If we throw in Blackberry Exchange Server (5.5) – then we should multiply the above figures by a factor of 3 for those specific users carrying a Blackberry.
Around the web are dotted various guides that can help you understand SQL and file Server IOPs, but it is possible to guesstimate these figures by understanding how many SQL requests are typically made, or how many user interactions per second go into your SQL applications, and how many SQL read/write requests each interaction might generate.
The main point is to build up a feel for your IOPs from an end user perspective – which departments in your business are the greatest consumers of Storage IOPs? Which applications consume the most IOP’s? (and even for those applications – which elements are the IOP hogs? for example LOG files typically consume significant IOPs, but an applications associated Database might be lightly hit.)
So, back to the need to grow from 10 disk to 20 disk and then 30 disks, and along the way, potentially facing an upgrade your SAN.
One organisation I interact with has been through the SAN upgrade process 3 times over 4 years, ending up with an expensive SAN with 12 or so 1TB SATA disks, and 36 high speed 15K RPM SAS disks. In total, that’s about 7,000 IOPs of storage processing power.
Yet, no matter which way their applications were sliced and diced, no more than 2,000 IOPs of storage processing was required, with some limited spikes to 3,000 IOPs.
It turns out:
- Their iSCSI network and switches had been incorrectly setup with iSCSI traffic passing through a stacked switch arrangement with limited bandwidth between the switches
- The RAID configurations were mainly RAID 5, and databases and logs had been placed on the same RAID 5 volumes, rather than separating busy log file and placing them on faster RAID 10 volumes.
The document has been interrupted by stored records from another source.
-- ===== src/Examples/Logging.antt =====
-- Two writes to the logs.
use codex_waiting_plgin.Logs.{
  write, empty_log_set, stderr, Encode, info, write_bounded, LogLimits, add_line, add_preview,
  add_lines, stdout,
}
use codex_waiting_plgin.Logs.Streams.{write_all, write_all-IsPrefixLog, Write, IsPrefixLog}
use codex_waiting_plgin.Logs.Bounds.{previewed, info_complete, preview-Fits, Fits}
use codex_waiting_plgin.Prelude.{◌≡◌, List, refl, ◌∷◌, [], false, true}

abbrev limits : LogLimits
limits = record {
  max_log_bytes = 5;
  max_preview_bytes = 8;
  max_preview_lines = 2;
  max_single_line_bytes = 8;
}

abbrev payload_only : Encode
payload_only n stream bytes = bytes

abbrev writes : List Write
writes = (stdout, 65 ∷ 66 ∷ 10 ∷ []) ∷ (stderr, 67 ∷ []) ∷ (stderr, []) ∷ []

write_all-IsPrefixLog_example :
    let s = write_all limits payload_only writes empty_log_set in
    IsPrefixLog limits false (65 ∷ 66 ∷ 10 ∷ []) s.out × IsPrefixLog limits true (67 ∷ []) s.err
write_all-IsPrefixLog_example = write_all-IsPrefixLog limits payload_only writes

preview-Fits_example : Fits limits (write_all limits payload_only writes empty_log_set).preview
preview-Fits_example = preview-Fits limits payload_only writes

info_complete_example :
    let s = write_all limits payload_only writes empty_log_set in
    (s.out.file ≡ 65 ∷ 66 ∷ 10 ∷ [])
    × (s.err.file ≡ 67 ∷ [])
    × (s.preview.bytes ≡ 65 ∷ 66 ∷ 10 ∷ 67 ∷ [])
unfolding info write_all write write_bounded add_preview add_lines add_line previewed
info_complete_example = info_complete limits payload_only writes refl
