-- ===== src/Protocol/Schema.antt =====
-- The types of TypeScript that describe JSON, and the values that belong to one. An object may have
-- properties that its type does not name, as in TypeScript's structural typing.
use codex_waiting_plgin.Prelude.{String, Bool, true, false, Option, none, some, ◌==◌, ◌&&◌, ◌||◌}
use codex_waiting_plgin.Protocol.Json.{
  Json, get_member, null, all_items, Members, all_members, text, array, object, boolean, number,
}

mutual
  pub data Ty : Type 0 where
    -- `JsonValue`, `unknown`
    any : Ty
    -- `null`, `boolean`, `number` and `bigint`, `string`
    null_ty bool num str : Ty
    -- `undefined`, the type of an optional property that is never there
    never : Ty
    -- the type of one text, `"x"`
    lit : String → Ty
    -- `Array<T>`, and `{ [key in string]?: T }`
    arr dict : Ty → Ty
    -- an object type, by its fields
    obj : Fields → Ty
    -- `T | U` and `T & U`
    ◌∪◌ ◌∩◌ : Ty → Ty → Ty

  -- `name: T` and `name?: T`
  pub data Field : Type 0 where
    req opt : String → Ty → Field

  pub data Fields : Type 0 where
    none_more : Fields
    ◌&◌ : Field → Fields → Fields

infixr 20 ◌∪◌ ◌∩◌
infixr 10 ◌&◌
abbrev text_is : String → Json → Bool
text_is t (text s) = s == t
text_is t _ = false

abbrev items_conform : (Json → Bool) → Json → Bool
items_conform p (array xs) = all_items p xs
items_conform p _ = false

abbrev values_conform : (Json → Bool) → Json → Bool
values_conform p (object m) = all_members p m
values_conform p _ = false

abbrev members_conform : (Members → Bool) → Json → Bool
members_conform p (object m) = p m
members_conform p _ = false

abbrev pub required : (Json → Bool) → Option Json → Bool
required p none = false
required p (some v) = p v

abbrev pub optional : (Json → Bool) → Option Json → Bool
optional p none = true
optional p (some v) = p v

abbrev is_null : Json → Bool
is_null null = true
is_null _ = false

abbrev is_boolean : Json → Bool
is_boolean (boolean b) = true
is_boolean _ = false

abbrev is_number : Json → Bool
is_number (number n) = true
is_number _ = false

abbrev is_text : Json → Bool
is_text (text s) = true
is_text _ = false

-- Whether a value belongs to a type.
unfoldable mutual
  pub conforms : Ty → Json → Bool
  conforms any v = true
  conforms null_ty v = is_null v
  conforms never v = false
  conforms bool v = is_boolean v
  conforms num v = is_number v
  conforms str v = is_text v
  conforms (lit t) v = text_is t v
  conforms (arr t) v = items_conform (conforms t) v
  conforms (dict t) v = values_conform (conforms t) v
  conforms (obj fs) v = members_conform (has_fields fs) v
  conforms (t ∪ u) v = conforms t v || conforms u v
  conforms (t ∩ u) v = conforms t v && conforms u v

  pub has_field : Field → Members → Bool
  has_field (req k t) m = required (conforms t) (get_member k m)
  has_field (opt k t) m = optional (conforms t) (get_member k m)

  pub has_fields : Fields → Members → Bool
  has_fields none_more m = true
  has_fields (f & fs) m = has_field f m && has_fields fs m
- VMware had given them untold flexibility, but had allowed them to move their applications and data with such ease that data was residing in areas of their storage where it was entirely unsuited.
Eventually, this configuration was optimised, and they now run off 16 SATA drives – about 1300 IOPs, with a carefully placed 200GB of SSD taking the high IOP strain of a few log files from Exchange and their key SQL server.
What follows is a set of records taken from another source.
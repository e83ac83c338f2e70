-- ===== src/Protocol/Types/Threads.antt =====
-- probes/app-server-ts: threads, one definition for each file.
use codex_waiting_plgin.Protocol.Schema.{
  Ty, arr, bool, lit, none_more, null_ty, num, obj, opt, req, str, ◌&◌, ◌∪◌,
}

-- v2/ThreadHistoryMode.ts
abbrev pub thread_history_mode : Ty
thread_history_mode = lit "legacy" ∪ lit "paginated"

-- v2/ThreadSource.ts
abbrev pub thread_source : Ty
thread_source = str

-- v2/ThreadStartSource.ts
abbrev pub thread_start_source : Ty
thread_start_source = lit "startup" ∪ lit "clear"

-- v2/ThreadBackgroundTerminalsListParams.ts
abbrev pub thread_background_terminals_list_params : Ty
thread_background_terminals_list_params =
    obj
      (req "threadId" str & opt "cursor" (str ∪ null_ty) & opt "limit" (num ∪ null_ty) & none_more)

-- v2/GitInfo.ts
abbrev pub git_info : Ty
git_info = obj (
    req "sha" (str ∪ null_ty)
    & req "branch" (str ∪ null_ty)
    & req "originUrl" (str ∪ null_ty)
    & none_more)

-- ThreadId.ts
abbrev pub thread_id : Ty
thread_id = str

-- v2/ThreadExtra.ts
abbrev pub thread_extra : Ty
thread_extra = obj (none_more)

-- v2/ThreadSectionAppearance.ts
abbrev pub thread_section_appearance : Ty
thread_section_appearance =
    obj (req "icon" (str ∪ null_ty) & req "color" (str ∪ null_ty) & none_more)

-- v2/ThreadSection.ts
abbrev pub thread_section : Ty
thread_section = obj (
    req "id" str
    & req "name" str
    & req "appearance" (thread_section_appearance ∪ null_ty)
    & none_more)

-- v2/ThreadActiveFlag.ts
abbrev pub thread_active_flag : Ty
thread_active_flag = lit "waitingOnApproval" ∪ lit "waitingOnUserInput"

-- v2/ThreadStatus.ts
abbrev pub thread_status : Ty
thread_status =
    obj (req "type" (lit "notLoaded") & none_more)
    ∪ obj (req "type" (lit "idle") & none_more)
    ∪ obj (req "type" (lit "systemError") & none_more)
    ∪ obj (req "type" (lit "active") & req "activeFlags" (arr thread_active_flag) & none_more)

-- FuzzyFileSearchSessionCompletedNotification.ts
abbrev pub fuzzy_file_search_session_completed_notification : Ty
fuzzy_file_search_session_completed_notification = obj (req "sessionId" str & none_more)

-- v2/ModelRerouteReason.ts
abbrev pub model_reroute_reason : Ty
model_reroute_reason = lit "highRiskCyberActivity"

-- v2/ModelReroutedNotification.ts
abbrev pub model_rerouted_notification : Ty
model_rerouted_notification = obj (
    req "threadId" str
    & req "turnId" str
    & req "fromModel" str
    & req "toModel" str
    & req "reason" model_reroute_reason
    & none_more)

-- v2/ModelSafetyBufferingUpdatedNotification.ts
abbrev pub model_safety_buffering_updated_notification : Ty
model_safety_buffering_updated_notification = obj (
    req "threadId" str
    & req "turnId" str
    & req "model" str
    & req "useCases" (arr str)
    & req "reasons" (arr str)
    & req "showBufferingUi" bool
    & req "fasterModel" (str ∪ null_ty)
    & none_more)

-- v2/ModelVerification.ts
abbrev pub model_verification : Ty
model_verification = lit "trustedAccessForCyber"

-- v2/ModelVerificationNotification.ts
abbrev pub model_verification_notification : Ty
model_verification_notification = obj (
    req "threadId" str
    & req "turnId" str
    & req "verifications" (arr model_verification)
    & none_more)

-- v2/ThreadArchivedNotification.ts
abbrev pub thread_archived_notification : Ty
thread_archived_notification = obj (req "threadId" str & none_more)

-- v2/ThreadClosedNotification.ts
abbrev pub thread_closed_notification : Ty
thread_closed_notification = obj (req "threadId" str & none_more)

-- v2/ThreadDeletedNotification.ts
abbrev pub thread_deleted_notification : Ty
thread_deleted_notification = obj (req "threadId" str & none_more)

-- v2/ThreadGoalClearedNotification.ts
abbrev pub thread_goal_cleared_notification : Ty
thread_goal_cleared_notification = obj (req "threadId" str & none_more)

-- v2/ThreadGoalStatus.ts
abbrev pub thread_goal_status : Ty
thread_goal_status =
    lit "active"
    ∪ lit "paused"
    ∪ lit "blocked"
    ∪ lit "usageLimited"
    ∪ lit "budgetLimited"
    ∪ lit "complete"

-- v2/ThreadGoal.ts
abbrev pub thread_goal : Ty
thread_goal = obj (
    req "threadId" str
    & req "objective" str
    & req "status" thread_goal_status
    & req "tokenBudget" (num ∪ null_ty)
    & req "tokensUsed" num
    & req "timeUsedSeconds" num
    & req "createdAt" num
    & req "updatedAt" num
    & none_more)

-- v2/ThreadGoalUpdatedNotification.ts
abbrev pub thread_goal_updated_notification : Ty
thread_goal_updated_notification =
    obj (req "threadId" str & req "turnId" (str ∪ null_ty) & req "goal" thread_goal & none_more)

-- v2/ThreadNameUpdatedNotification.ts
abbrev pub thread_name_updated_notification : Ty
thread_name_updated_notification = obj (req "threadId" str & opt "threadName" str & none_more)

-- v2/ThreadProjectUpdatedNotification.ts
abbrev pub thread_project_updated_notification : Ty
thread_project_updated_notification =
    obj (req "threadId" str & req "projectId" (str ∪ null_ty) & none_more)

-- v2/ThreadQueueChangedNotification.ts
abbrev pub thread_queue_changed_notification : Ty
thread_queue_changed_notification = obj (req "threadId" str & none_more)

-- v2/ThreadRevertedNotification.ts
abbrev pub thread_reverted_notification : Ty
thread_reverted_notification = obj (req "threadId" str & none_more)

-- v2/ThreadStatusChangedNotification.ts
abbrev pub thread_status_changed_notification : Ty
thread_status_changed_notification =
    obj (req "threadId" str & req "status" thread_status & none_more)

-- v2/ThreadUnarchivedNotification.ts
abbrev pub thread_unarchived_notification : Ty
thread_unarchived_notification = obj (req "threadId" str & none_more)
This was a classic case of 50% of the IOPs being generated by 5% of the physical data size. This is in contrast to the 50 or so SAS drives they believe they needed.
Their savings have been considerable, but more importantly, they have RESET or RELEVELED their baseline understanding of their IOP needs and broken the cycle of designing their next Storage upgrade by the “old method” of just adding 50-100% more disk in a SAN than they had last time.
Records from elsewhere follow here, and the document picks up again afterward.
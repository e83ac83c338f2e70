-- ===== src/Protocol/Types/Account.antt =====
-- probes/app-server-ts: account, one definition for each file.
use codex_waiting_plgin.Protocol.Schema.{
  Ty, bool, lit, none_more, null_ty, num, obj, opt, req, str, ◌&◌, ◌∪◌,
}

-- v2/ChatgptAuthTokensRefreshReason.ts
abbrev pub chatgpt_auth_tokens_refresh_reason : Ty
chatgpt_auth_tokens_refresh_reason = lit "unauthorized"

-- v2/ChatgptAuthTokensRefreshParams.ts
abbrev pub chatgpt_auth_tokens_refresh_params : Ty
chatgpt_auth_tokens_refresh_params = obj (
    req "reason" chatgpt_auth_tokens_refresh_reason
    & opt "previousAccountId" (str ∪ null_ty)
    & none_more)

-- PlanType.ts
abbrev pub plan_type : Ty
plan_type =
    lit "free"
    ∪ lit "go"
    ∪ lit "plus"
    ∪ lit "pro"
    ∪ lit "prolite"
    ∪ lit "team"
    ∪ lit "self_serve_business_prolite"
    ∪ lit "self_serve_business_usage_based"
    ∪ lit "business"
    ∪ lit "ent26"
    ∪ lit "enterprise_cbp_automation"
    ∪ lit "enterprise_cbp_usage_based"
    ∪ lit "enterprise"
    ∪ lit "edu"
    ∪ lit "edu_plus"
    ∪ lit "edu_pro"
    ∪ lit "unknown"

-- v2/CreditsSnapshot.ts
abbrev pub credits_snapshot : Ty
credits_snapshot =
    obj (req "hasCredits" bool & req "unlimited" bool & req "balance" (str ∪ null_ty) & none_more)

-- v2/RateLimitReachedType.ts
abbrev pub rate_limit_reached_type : Ty
rate_limit_reached_type =
    lit "rate_limit_reached"
    ∪ lit "workspace_owner_credits_depleted"
    ∪ lit "workspace_member_credits_depleted"
    ∪ lit "workspace_owner_usage_limit_reached"
    ∪ lit "workspace_member_usage_limit_reached"

-- v2/RateLimitWindow.ts
abbrev pub rate_limit_window : Ty
rate_limit_window = obj (
    req "usedPercent" num
    & req "windowDurationMins" (num ∪ null_ty)
    & req "resetsAt" (num ∪ null_ty)
    & none_more)

-- v2/SpendControlLimitSnapshot.ts
abbrev pub spend_control_limit_snapshot : Ty
spend_control_limit_snapshot =
    obj (
      req "limit" str
      & req "used" str
      & req "remainingPercent" num
      & req "resetsAt" num
      & none_more)

-- v2/RateLimitSnapshot.ts
abbrev pub rate_limit_snapshot : Ty
rate_limit_snapshot = obj (
    req "limitId" (str ∪ null_ty)
    & req "limitName" (str ∪ null_ty)
    & req "primary" (rate_limit_window ∪ null_ty)
    & req "secondary" (rate_limit_window ∪ null_ty)
    & req "credits" (credits_snapshot ∪ null_ty)
    & req "individualLimit" (spend_control_limit_snapshot ∪ null_ty)
    & req "spendControlReached" (bool ∪ null_ty)
    & req "planType" (plan_type ∪ null_ty)
    & req "rateLimitReachedType" (rate_limit_reached_type ∪ null_ty)
    & none_more)

-- v2/AccountRateLimitsUpdatedNotification.ts
abbrev pub account_rate_limits_updated_notification : Ty
account_rate_limits_updated_notification = obj (req "rateLimits" rate_limit_snapshot & none_more)

-- AuthMode.ts
abbrev pub auth_mode : Ty
auth_mode =
    lit "apikey"
    ∪ lit "chatgpt"
    ∪ lit "chatgptAuthTokens"
    ∪ lit "headers"
    ∪ lit "agentIdentity"
    ∪ lit "personalAccessToken"
    ∪ lit "bedrockApiKey"
    ∪ lit "bedrockAccessKeys"

-- v2/AccountUpdatedNotification.ts
abbrev pub account_updated_notification : Ty
account_updated_notification =
    obj (req "authMode" (auth_mode ∪ null_ty) & req "planType" (plan_type ∪ null_ty) & none_more)

-- v2/AuthRecoveryNotification.ts
abbrev pub auth_recovery_notification : Ty
auth_recovery_notification =
    obj (req "threadId" str & req "turnId" str & req "provider" str & req "message" str & none_more)

-- v2/GuardianUserAuthorization.ts
abbrev pub guardian_user_authorization : Ty
guardian_user_authorization = lit "unknown" ∪ lit "low" ∪ lit "medium" ∪ lit "high"

-- v2/TokenUsageBreakdown.ts
abbrev pub token_usage_breakdown : Ty
token_usage_breakdown = obj (
    req "totalTokens" num
    & req "inputTokens" num
    & req "cachedInputTokens" num
    & req "cacheWriteInputTokens" num
    & req "outputTokens" num
    & req "reasoningOutputTokens" num
    & none_more)

-- v2/ThreadTokenUsage.ts
abbrev pub thread_token_usage : Ty
thread_token_usage = obj (
    req "total" token_usage_breakdown
    & req "last" token_usage_breakdown
    & req "modelContextWindow" (num ∪ null_ty)
    & none_more)

-- v2/ThreadTokenUsageUpdatedNotification.ts
abbrev pub thread_token_usage_updated_notification : Ty
thread_token_usage_updated_notification =
    obj (req "threadId" str & req "turnId" str & req "tokenUsage" thread_token_usage & none_more)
Is all of the above entirely accurate? Not to a level of infinite detail, there are dozens of parameters that can flex and flow, and in the good old days pre-Lehmans, there often wasn’t the time to work this “stuff” out – and it was easier to throw money at the SAN.
Today, the businesses I deal with are asking themselves whether they have got their storage right – and they now have the time to sit down and think about their application/storage ‘profile.’ In the end, they get to keep more of their IT budget, which goes a long way to buying more pancakes rather than unnecessary IOPs.